== What to work on ==
From the line with "pool_of-IsValid w = record" through the line with "held_once ℕ 2", repeat the entries verbatim, both end lines included, and add nothing.

== Extracted information ==
^^^^^^^^

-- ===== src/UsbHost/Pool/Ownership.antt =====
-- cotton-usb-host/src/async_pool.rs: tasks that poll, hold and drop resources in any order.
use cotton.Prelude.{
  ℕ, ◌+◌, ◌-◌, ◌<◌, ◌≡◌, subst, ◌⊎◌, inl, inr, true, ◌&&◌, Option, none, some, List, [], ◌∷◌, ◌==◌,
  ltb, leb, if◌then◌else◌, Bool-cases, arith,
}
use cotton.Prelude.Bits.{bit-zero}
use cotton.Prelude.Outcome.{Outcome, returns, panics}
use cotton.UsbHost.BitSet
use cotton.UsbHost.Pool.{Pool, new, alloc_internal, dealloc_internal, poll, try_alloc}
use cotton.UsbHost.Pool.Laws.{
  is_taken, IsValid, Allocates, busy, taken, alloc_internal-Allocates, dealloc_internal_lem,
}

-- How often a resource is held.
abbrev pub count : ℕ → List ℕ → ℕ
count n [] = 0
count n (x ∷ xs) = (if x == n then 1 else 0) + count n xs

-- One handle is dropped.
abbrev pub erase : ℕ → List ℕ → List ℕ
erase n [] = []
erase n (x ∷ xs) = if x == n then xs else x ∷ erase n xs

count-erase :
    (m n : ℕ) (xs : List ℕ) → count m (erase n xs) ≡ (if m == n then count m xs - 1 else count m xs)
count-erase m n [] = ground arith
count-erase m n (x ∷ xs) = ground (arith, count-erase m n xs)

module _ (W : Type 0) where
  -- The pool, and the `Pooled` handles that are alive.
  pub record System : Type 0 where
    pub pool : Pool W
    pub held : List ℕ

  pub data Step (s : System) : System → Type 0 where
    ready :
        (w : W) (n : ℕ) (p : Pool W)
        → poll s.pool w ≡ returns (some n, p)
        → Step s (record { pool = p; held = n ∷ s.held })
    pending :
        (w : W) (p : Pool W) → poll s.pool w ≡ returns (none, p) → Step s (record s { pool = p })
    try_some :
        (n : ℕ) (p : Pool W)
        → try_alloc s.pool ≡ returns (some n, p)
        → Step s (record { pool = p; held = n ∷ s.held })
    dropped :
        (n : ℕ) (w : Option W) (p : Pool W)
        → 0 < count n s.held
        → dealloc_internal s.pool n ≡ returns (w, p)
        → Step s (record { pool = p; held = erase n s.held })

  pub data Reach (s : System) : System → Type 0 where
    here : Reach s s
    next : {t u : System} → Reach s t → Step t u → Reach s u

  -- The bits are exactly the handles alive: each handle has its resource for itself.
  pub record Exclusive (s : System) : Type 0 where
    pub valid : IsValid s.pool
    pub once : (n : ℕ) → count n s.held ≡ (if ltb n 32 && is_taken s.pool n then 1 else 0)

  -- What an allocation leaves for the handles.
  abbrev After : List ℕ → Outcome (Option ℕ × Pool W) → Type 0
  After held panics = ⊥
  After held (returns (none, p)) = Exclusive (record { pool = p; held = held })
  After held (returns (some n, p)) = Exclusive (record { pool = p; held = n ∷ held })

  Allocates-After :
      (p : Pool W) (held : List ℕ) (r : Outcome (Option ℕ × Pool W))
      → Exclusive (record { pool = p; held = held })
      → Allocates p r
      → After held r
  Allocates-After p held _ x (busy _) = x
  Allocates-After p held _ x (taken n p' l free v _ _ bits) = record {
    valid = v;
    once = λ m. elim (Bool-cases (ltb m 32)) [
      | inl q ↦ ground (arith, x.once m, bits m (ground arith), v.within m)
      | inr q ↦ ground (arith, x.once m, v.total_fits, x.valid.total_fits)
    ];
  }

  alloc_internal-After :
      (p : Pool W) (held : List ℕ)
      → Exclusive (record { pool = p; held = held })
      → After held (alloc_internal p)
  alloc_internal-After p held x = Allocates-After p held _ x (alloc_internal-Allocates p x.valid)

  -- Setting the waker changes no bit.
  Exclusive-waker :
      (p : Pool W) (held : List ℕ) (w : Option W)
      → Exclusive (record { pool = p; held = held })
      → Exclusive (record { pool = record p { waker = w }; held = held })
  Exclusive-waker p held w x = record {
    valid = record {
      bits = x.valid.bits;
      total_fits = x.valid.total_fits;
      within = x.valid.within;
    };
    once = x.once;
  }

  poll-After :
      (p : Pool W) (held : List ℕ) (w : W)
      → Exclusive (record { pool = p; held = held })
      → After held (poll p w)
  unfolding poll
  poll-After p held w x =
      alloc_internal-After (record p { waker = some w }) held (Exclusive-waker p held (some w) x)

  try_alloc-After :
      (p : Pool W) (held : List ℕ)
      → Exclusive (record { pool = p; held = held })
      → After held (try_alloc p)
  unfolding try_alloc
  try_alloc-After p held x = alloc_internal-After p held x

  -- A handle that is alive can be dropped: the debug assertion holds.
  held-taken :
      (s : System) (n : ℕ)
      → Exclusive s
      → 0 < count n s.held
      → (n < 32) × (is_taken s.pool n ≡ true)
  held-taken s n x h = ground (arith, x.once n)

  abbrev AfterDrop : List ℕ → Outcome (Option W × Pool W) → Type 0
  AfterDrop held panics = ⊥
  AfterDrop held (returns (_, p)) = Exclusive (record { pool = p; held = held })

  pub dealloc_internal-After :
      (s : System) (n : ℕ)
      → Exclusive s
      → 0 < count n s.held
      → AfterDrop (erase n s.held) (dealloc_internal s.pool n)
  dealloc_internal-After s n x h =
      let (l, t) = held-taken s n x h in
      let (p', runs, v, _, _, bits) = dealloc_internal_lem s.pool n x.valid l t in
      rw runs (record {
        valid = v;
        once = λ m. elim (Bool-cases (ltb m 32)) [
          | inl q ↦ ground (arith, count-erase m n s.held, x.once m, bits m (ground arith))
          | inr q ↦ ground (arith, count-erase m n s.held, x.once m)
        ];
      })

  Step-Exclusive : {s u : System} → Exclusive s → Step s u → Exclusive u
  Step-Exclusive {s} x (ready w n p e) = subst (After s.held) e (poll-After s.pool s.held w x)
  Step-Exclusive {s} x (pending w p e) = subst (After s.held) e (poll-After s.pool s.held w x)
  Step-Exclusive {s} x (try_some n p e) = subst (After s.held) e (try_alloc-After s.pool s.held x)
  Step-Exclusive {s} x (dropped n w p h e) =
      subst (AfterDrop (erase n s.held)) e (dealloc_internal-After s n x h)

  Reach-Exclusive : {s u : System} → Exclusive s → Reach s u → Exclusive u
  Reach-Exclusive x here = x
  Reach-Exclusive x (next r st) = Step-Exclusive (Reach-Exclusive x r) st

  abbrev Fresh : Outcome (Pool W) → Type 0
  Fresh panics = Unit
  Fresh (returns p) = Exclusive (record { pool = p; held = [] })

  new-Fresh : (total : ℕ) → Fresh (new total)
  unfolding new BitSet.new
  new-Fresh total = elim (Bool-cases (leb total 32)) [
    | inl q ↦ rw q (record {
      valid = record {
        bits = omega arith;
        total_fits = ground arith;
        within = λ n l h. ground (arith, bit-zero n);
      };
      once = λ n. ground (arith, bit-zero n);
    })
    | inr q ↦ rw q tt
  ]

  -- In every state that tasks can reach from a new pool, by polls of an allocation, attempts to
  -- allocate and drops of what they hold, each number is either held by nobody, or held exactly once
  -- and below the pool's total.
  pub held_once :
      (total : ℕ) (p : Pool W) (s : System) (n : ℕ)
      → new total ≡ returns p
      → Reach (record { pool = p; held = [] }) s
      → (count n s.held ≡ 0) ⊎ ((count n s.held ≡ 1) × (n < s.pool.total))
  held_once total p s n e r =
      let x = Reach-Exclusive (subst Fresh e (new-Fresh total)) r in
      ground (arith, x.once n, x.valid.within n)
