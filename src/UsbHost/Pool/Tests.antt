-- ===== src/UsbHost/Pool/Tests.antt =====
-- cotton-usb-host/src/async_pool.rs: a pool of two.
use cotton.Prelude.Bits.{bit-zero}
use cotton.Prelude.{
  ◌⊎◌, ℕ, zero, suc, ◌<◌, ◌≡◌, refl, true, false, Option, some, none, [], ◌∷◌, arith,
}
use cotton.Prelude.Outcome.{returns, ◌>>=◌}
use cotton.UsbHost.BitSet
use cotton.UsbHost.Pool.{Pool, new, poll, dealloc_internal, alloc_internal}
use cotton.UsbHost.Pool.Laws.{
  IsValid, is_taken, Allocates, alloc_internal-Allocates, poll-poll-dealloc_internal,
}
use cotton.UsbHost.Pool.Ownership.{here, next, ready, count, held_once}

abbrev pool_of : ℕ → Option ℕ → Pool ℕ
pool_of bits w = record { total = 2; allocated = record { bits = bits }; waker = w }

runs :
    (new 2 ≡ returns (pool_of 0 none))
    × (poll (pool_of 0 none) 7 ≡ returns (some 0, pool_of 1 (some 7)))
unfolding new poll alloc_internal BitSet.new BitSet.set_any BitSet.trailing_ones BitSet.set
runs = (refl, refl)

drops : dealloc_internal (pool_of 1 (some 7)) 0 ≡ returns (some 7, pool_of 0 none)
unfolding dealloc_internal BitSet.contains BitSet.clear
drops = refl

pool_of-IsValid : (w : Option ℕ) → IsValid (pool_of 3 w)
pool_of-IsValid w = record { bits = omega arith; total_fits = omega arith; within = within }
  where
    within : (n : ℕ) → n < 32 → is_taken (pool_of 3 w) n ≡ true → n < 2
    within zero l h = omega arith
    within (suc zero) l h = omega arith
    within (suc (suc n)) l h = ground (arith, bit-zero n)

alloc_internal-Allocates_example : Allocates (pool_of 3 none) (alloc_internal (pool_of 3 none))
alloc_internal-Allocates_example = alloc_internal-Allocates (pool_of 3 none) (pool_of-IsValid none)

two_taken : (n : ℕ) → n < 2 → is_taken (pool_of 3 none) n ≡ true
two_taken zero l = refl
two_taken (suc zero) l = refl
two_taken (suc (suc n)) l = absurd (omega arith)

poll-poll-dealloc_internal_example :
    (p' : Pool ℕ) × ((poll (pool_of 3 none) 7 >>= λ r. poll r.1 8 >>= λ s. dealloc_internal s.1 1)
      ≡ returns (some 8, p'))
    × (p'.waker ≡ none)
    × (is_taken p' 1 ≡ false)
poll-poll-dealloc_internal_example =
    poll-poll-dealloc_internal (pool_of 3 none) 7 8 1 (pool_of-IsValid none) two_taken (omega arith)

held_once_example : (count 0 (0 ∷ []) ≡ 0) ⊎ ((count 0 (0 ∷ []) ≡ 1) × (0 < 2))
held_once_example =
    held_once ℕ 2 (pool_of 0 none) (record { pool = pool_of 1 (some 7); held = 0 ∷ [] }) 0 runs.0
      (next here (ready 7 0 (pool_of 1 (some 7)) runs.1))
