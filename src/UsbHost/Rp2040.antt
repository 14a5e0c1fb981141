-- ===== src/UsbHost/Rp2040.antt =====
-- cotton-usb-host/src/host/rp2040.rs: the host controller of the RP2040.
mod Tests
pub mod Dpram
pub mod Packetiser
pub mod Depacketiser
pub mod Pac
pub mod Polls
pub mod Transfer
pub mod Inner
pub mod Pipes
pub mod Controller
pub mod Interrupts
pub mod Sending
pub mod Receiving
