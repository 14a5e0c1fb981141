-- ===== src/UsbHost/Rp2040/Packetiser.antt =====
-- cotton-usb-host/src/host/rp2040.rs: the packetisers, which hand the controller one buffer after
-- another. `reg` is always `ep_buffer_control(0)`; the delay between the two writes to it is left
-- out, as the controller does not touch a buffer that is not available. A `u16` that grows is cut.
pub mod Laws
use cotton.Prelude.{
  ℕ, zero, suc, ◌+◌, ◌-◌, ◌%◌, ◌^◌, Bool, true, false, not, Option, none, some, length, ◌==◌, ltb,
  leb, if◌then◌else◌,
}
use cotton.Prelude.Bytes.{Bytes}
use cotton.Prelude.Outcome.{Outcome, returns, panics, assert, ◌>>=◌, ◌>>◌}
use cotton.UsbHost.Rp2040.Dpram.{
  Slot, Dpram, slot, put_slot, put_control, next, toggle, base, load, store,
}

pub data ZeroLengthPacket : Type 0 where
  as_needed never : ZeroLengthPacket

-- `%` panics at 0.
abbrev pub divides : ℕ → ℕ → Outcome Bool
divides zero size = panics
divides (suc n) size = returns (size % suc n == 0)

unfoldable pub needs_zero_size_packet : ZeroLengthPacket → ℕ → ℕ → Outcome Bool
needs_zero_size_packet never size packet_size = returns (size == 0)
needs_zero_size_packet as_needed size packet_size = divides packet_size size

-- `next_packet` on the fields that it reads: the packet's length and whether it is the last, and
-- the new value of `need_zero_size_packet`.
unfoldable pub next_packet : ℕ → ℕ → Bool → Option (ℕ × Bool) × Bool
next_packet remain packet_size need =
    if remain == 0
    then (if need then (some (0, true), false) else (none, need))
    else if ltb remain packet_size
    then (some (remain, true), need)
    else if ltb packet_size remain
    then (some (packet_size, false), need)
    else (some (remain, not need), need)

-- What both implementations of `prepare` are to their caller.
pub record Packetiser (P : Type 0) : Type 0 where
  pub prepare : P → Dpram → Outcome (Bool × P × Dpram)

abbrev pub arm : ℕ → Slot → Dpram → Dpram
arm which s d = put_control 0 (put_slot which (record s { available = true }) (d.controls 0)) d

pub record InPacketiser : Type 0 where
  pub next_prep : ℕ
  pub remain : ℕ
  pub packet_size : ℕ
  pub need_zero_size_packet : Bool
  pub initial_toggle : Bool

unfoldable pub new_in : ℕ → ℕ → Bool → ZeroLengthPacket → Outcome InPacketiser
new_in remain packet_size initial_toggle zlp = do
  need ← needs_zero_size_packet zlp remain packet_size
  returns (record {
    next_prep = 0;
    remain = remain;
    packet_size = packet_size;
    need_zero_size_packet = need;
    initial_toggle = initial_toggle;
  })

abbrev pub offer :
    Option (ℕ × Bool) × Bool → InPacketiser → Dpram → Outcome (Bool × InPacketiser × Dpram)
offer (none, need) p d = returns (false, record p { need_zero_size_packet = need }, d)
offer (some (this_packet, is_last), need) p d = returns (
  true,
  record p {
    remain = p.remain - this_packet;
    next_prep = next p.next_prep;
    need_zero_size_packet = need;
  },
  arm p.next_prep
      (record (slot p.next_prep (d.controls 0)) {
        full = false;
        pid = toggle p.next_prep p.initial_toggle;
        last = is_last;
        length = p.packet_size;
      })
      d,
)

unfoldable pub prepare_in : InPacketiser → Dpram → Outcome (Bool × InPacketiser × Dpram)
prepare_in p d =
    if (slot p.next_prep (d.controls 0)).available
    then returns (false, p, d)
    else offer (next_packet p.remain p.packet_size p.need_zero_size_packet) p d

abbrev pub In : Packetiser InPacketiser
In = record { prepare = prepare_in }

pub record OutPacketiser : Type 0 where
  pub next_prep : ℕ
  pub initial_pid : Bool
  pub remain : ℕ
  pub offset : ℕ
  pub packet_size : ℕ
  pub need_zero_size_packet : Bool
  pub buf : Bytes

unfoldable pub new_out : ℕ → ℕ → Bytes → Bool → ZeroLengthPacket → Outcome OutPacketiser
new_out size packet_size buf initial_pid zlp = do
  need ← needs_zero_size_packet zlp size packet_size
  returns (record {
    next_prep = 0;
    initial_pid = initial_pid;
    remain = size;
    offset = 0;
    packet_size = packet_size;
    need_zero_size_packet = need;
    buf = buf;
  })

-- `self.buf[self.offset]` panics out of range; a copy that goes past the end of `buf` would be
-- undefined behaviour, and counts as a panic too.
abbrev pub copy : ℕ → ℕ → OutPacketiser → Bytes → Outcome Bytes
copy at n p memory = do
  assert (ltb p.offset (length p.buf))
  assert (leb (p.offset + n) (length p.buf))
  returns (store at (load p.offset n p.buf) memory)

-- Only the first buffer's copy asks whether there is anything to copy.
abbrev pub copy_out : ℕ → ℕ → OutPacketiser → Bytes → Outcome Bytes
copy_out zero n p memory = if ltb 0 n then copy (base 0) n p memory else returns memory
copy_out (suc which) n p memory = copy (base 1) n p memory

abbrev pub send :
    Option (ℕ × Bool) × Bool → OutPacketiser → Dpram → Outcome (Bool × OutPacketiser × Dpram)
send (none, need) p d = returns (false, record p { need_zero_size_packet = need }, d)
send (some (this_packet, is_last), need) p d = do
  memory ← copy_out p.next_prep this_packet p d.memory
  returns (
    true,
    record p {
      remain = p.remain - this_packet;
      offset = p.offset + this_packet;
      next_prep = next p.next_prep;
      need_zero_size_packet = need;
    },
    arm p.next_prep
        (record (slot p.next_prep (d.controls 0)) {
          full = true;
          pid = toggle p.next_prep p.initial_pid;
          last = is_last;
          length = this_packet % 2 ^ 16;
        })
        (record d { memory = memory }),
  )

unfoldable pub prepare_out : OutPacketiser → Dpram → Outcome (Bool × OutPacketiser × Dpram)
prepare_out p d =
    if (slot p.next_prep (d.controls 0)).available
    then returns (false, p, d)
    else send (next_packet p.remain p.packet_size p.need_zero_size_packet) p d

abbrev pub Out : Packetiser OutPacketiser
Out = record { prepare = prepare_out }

^^^^^^^^

== Your response ==
pool_of-IsValid w = record { bits = omega arith; total_fits = omega arith; within = within }
  where
    within : (n : ℕ) → n < 32 → is_taken (pool_of 3 w) n ≡ true → n < 2
    within zero l h = omega arith
    within (suc zero) l h = omega arith
    within (suc (suc n)) l h = ground (arith, bit-zero n)

alloc_internal-Allocates_example : Allocates (pool_of 3 none) (alloc_internal (pool_of 3 none))
alloc_internal-Allocates_example = alloc_internal-Allocates (pool_of 3 none) (pool_of-IsValid none)

two_taken : (n : ℕ) → n < 2 → is_taken (pool_of 3 none) n ≡ true
two_taken zero l = refl
two_taken (suc zero) l = refl
two_taken (suc (suc n)) l = absurd (omega arith)

poll-poll-dealloc_internal_example :
    (p' : Pool ℕ) × ((poll (pool_of 3 none) 7 >>= λ r. poll r.1 8 >>= λ s. dealloc_internal s.1 1)
      ≡ returns (some 8, p'))
    × (p'.waker ≡ none)
    × (is_taken p' 1 ≡ false)
poll-poll-dealloc_internal_example =
    poll-poll-dealloc_internal (pool_of 3 none) 7 8 1 (pool_of-IsValid none) two_taken (omega arith)

held_once_example : (count 0 (0 ∷ []) ≡ 0) ⊎ ((count 0 (0 ∷ []) ≡ 1) × (0 < 2))
held_once_example =
    held_once ℕ 2 (pool_of 0 none) (record { pool = pool_of 1 (some 7); held = 0 ∷ [] }) 0 runs.0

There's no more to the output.